An Introductory Survey of Adversarial Machine Learning
by John Won
Modern machine learning methods mostly aim to learn a probability distribution of naturally occuring data in the form of embedded representations, such that they can be linearly classified into various catergories. While neural networks are largely regarded as black-box models, we still had the intuition of them unfolding the manifold of data distributions into a linear representation. Great generalization properties of deep neural network models and semantic seemlessness between embedding interpolations seemed to make this assumption concrete.
However, many papers since the mid-2010s have shown a disappointing reality. While representations seemed to be well learnt on highly-probable regions, slight perturbations imperceptible to the human eye were capable of completly fooling machine learning models into misclassification.

These kind of results unveiled the possibility of machine learning algorithms not actually learning the true underlying concepts of the data that determine the correct output label, but simply constructing a well-performing facade that breaks apart in the presence of data with low probability in the data distribution.
Given the vulnerability of such models, much research has been directed towards the development of methods to attack models, defend against such models, and the certification of such defenses. In the larger picture, it is part of the paradigm of privacy and trustworthiness of machine learning models, although that is beyond the scope of this presentation.

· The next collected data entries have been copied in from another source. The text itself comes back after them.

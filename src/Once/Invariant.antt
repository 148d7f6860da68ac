-- ===== src/Once/Invariant.antt =====
-- The invariant of `dispatch_once_f` (src/once.c): who holds the gate, and who has to be woken up.
use swift_corelibs_libdispat.Common.{
  ℕ, ◌+◌, ◌/◌, ◌%◌, ◌^◌, ◌<◌, ◌≡◌, ◌≢◌, ◌⊎◌, inl, inr, refl, sym, ap, subst, arith, List, [], ◌∷◌,
  ◌++◌, map, total, total_middle,
}
use swift_corelibs_libdispat.Once.{
  once_done, Pc, asleep, next, wake_all, step, Call, woken, starts, System, take, wake, AreNew,
  Reach, here, later,
}
use swift_corelibs_libdispat.Once.Places.{
  At, Fits, AllFit, runner, sleeps, sleeper, waker, Phase, AllFit-append-left, AllFit-append-right,
  AllFit-append, AllFit-woken, total-woken,
}
use swift_corelibs_libdispat.Once.Steps.{Outcome, step-Outcome}

pub record Inv (s : System) : Type 0 where
  pub phase : Phase s.word s.runs (total runner s.calls)
  pub fit : AllFit s.word s.calls
  pub wakes : (s.word ≢ once_done) ⊎ (total sleeper s.calls ≡ 0) ⊎ (0 < total waker s.calls)

no_sleeper : (v : ℕ) (cs : List Call) → AllFit v cs → v / 2 ^ 31 % 2 ≡ 0 → total sleeper cs ≡ 0
no_sleeper v [] a z = refl
no_sleeper v (c ∷ cs) (f, a) z = omega (arith, no_sleeper v cs a z, awake c.pc f.2)
  where
    awake : (p : Pc) → At v c.self p → sleeps p ≡ 0
    awake asleep h = absurd (omega arith)
    awake _ h = refl

same_Wakes :
    {v s b k m : ℕ}
    → s ≡ k
    → b ≡ m
    → (v ≢ once_done) ⊎ (s ≡ 0) ⊎ (0 < b)
    → (v ≢ once_done) ⊎ (k ≡ 0) ⊎ (0 < m)
same_Wakes e d (inl h) = inl h
same_Wakes e d (inr (inl h)) = inr (inl (omega arith))
same_Wakes e d (inr (inr h)) = inr (inr (omega arith))

module _ (before after : List Call) (v n self : ℕ) (p : Pc)
    (i : Inv (record {
      word = v;
      calls = before ++ record { self = self; pc = p } ∷ after;
      runs = n;
    })) where
  here_call : Call
  here_call = record { self = self; pc = p }

  abbrev others_of : (Call → ℕ) → ℕ
  others_of f = total f before + total f after

  left : AllFit v before
  left = AllFit-append-left v before _ i.fit

  right : Fits v (record { self = self; pc = p }) × AllFit v after
  right = AllFit-append-right v before _ i.fit

  step-Next :
      Outcome v n self (others_of runner) (others_of sleeper) (others_of waker) (step self v p)
  step-Next =
      let a = total_middle runner before after (record { self = self; pc = p }) in
      let b = total_middle sleeper before after (record { self = self; pc = p }) in
      let c = total_middle waker before after (record { self = self; pc = p }) in
      let (f, g) = right in
      step-Outcome v n self (others_of runner) (others_of sleeper) (others_of waker) p f.0 f.1
        (subst (λ (k : ℕ). Phase v n k) a i.phase) f.2
        (λ z. omega (arith, no_sleeper v before left z, no_sleeper v after g z))
        (same_Wakes b c i.wakes)

  take-Inv :
      {v' : ℕ} {p' : Pc}
      → step self v p ≡ next v' p'
      → Inv (record {
        word = v';
        calls = before ++ record { self = self; pc = p' } ∷ after;
        runs = n + starts p';
      })
  take-Inv {v'} {p'} e =
      let c =
        subst (Outcome v n self (others_of runner) (others_of sleeper) (others_of waker)) e
          step-Next in
      let (f, g) = right in
      record {
        phase =
            subst (λ (k : ℕ). Phase v' (n + starts p') k)
              (sym (total_middle runner before after (record { self = self; pc = p' }))) c.phase;
        fit =
            AllFit-append v' before _ (c.others before (omega arith) left)
              ((f.0, f.1, c.at), c.others after (omega arith) g);
        wakes =
            let me : Call = record { self = self; pc = p' } in
            same_Wakes (sym (total_middle sleeper before after me))
              (sym (total_middle waker before after me)) c.wakes;
      }

  wake-Inv :
      {p' : Pc}
      → step self v p ≡ wake_all p'
      → Inv (record {
        word = v;
        calls = map woken before ++ record { self = self; pc = p' } ∷ map woken after;
        runs = n;
      })
  wake-Inv {p'} e =
      let c =
        subst (Outcome v n self (others_of runner) (others_of sleeper) (others_of waker)) e
          step-Next in
      let (f, g) = right in
      let (a1, a2) = total-woken before in
      let (b1, b2) = total-woken after in
      let me : Call = record { self = self; pc = p' } in
      let same : others_of runner + starts p'
          ≡ total runner (map woken before ++ me ∷ map woken after) =
        omega (arith, total_middle runner (map woken before) (map woken after) me, a1, b1) in
      record {
        phase = subst (λ (k : ℕ). Phase v n k) same c.phase;
        fit =
            AllFit-append v (map woken before) _ (AllFit-woken v before left)
              ((f.0, f.1, c.at), AllFit-woken v after g);
        wakes = inr (
            inl (
              omega (
                arith,
                total_middle sleeper (map woken before) (map woken after) me,
                a2,
                b2,
                c.awake,
              )));
      }

AreNew-AllFit :
    (cs : List Call) → AreNew cs → AllFit 0 cs × (total runner cs ≡ 0) × (total sleeper cs ≡ 0)
AreNew-AllFit [] a = (tt, refl, refl)
AreNew-AllFit (c ∷ cs) (p, q, e, a) =
    let (f, r, s) = AreNew-AllFit cs a in
    let fresh : Fits 0 c =
      subst (λ (x : Pc). (0 < c.self) × (c.self < 2 ^ 30) × At 0 c.self x) (sym e) (p, q, tt) in
    ((fresh, f), omega (arith, r, ap starts e), omega (arith, s, ap sleeps e))

-- Every state that is reached has the invariant.
pub Reach-Inv : {s : System} → Reach s → Inv s
Reach-Inv (here calls a) =
    let (f, r, s) = AreNew-AllFit calls a in
    record { phase = inl (refl, refl, r); fit = f; wakes = inr (inl s) }
Reach-Inv (later {before} {after} {v} {n} {self} {p} r (take e)) =
    take-Inv before after v n self p (Reach-Inv r) e
Reach-Inv (later {before} {after} {v} {n} {self} {p} r (wake e)) =
    wake-Inv before after v n self p (Reach-Inv r) e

While most examples given here are from the CV domain due to its visual perceptibility, the art of adversarial machine learning extends beyond the scope of a single domain, be it computer vision, natural language processing, graph machine learning, etc. In a world full of various models and malicious adversaries, robustness of models is a critical point of value.
Most adversarial attacks on machine learning models can be classfied among three main paradigms : Inference-time Adversarial Attacks (adversarial examples), Training-Time Adversarial Attacks (backdoor attacks), Deployment-Time Adversarial Attacks (weight attacks).
Explaining and Harnessing Adversarial Examples (Goodfellow et al)
Fast Gradient Sign Method (FGSM) : Hypothesized that the linear behavior of neural networks in high-dimensional spaces was responsible for the existence of adversarial examples.
$$ \eta = \epsilon \text{sign}(\nabla_x J(\theta, x, y)) $$
where $\eta$ is the adversarial perturbation, $J$ is the cost function.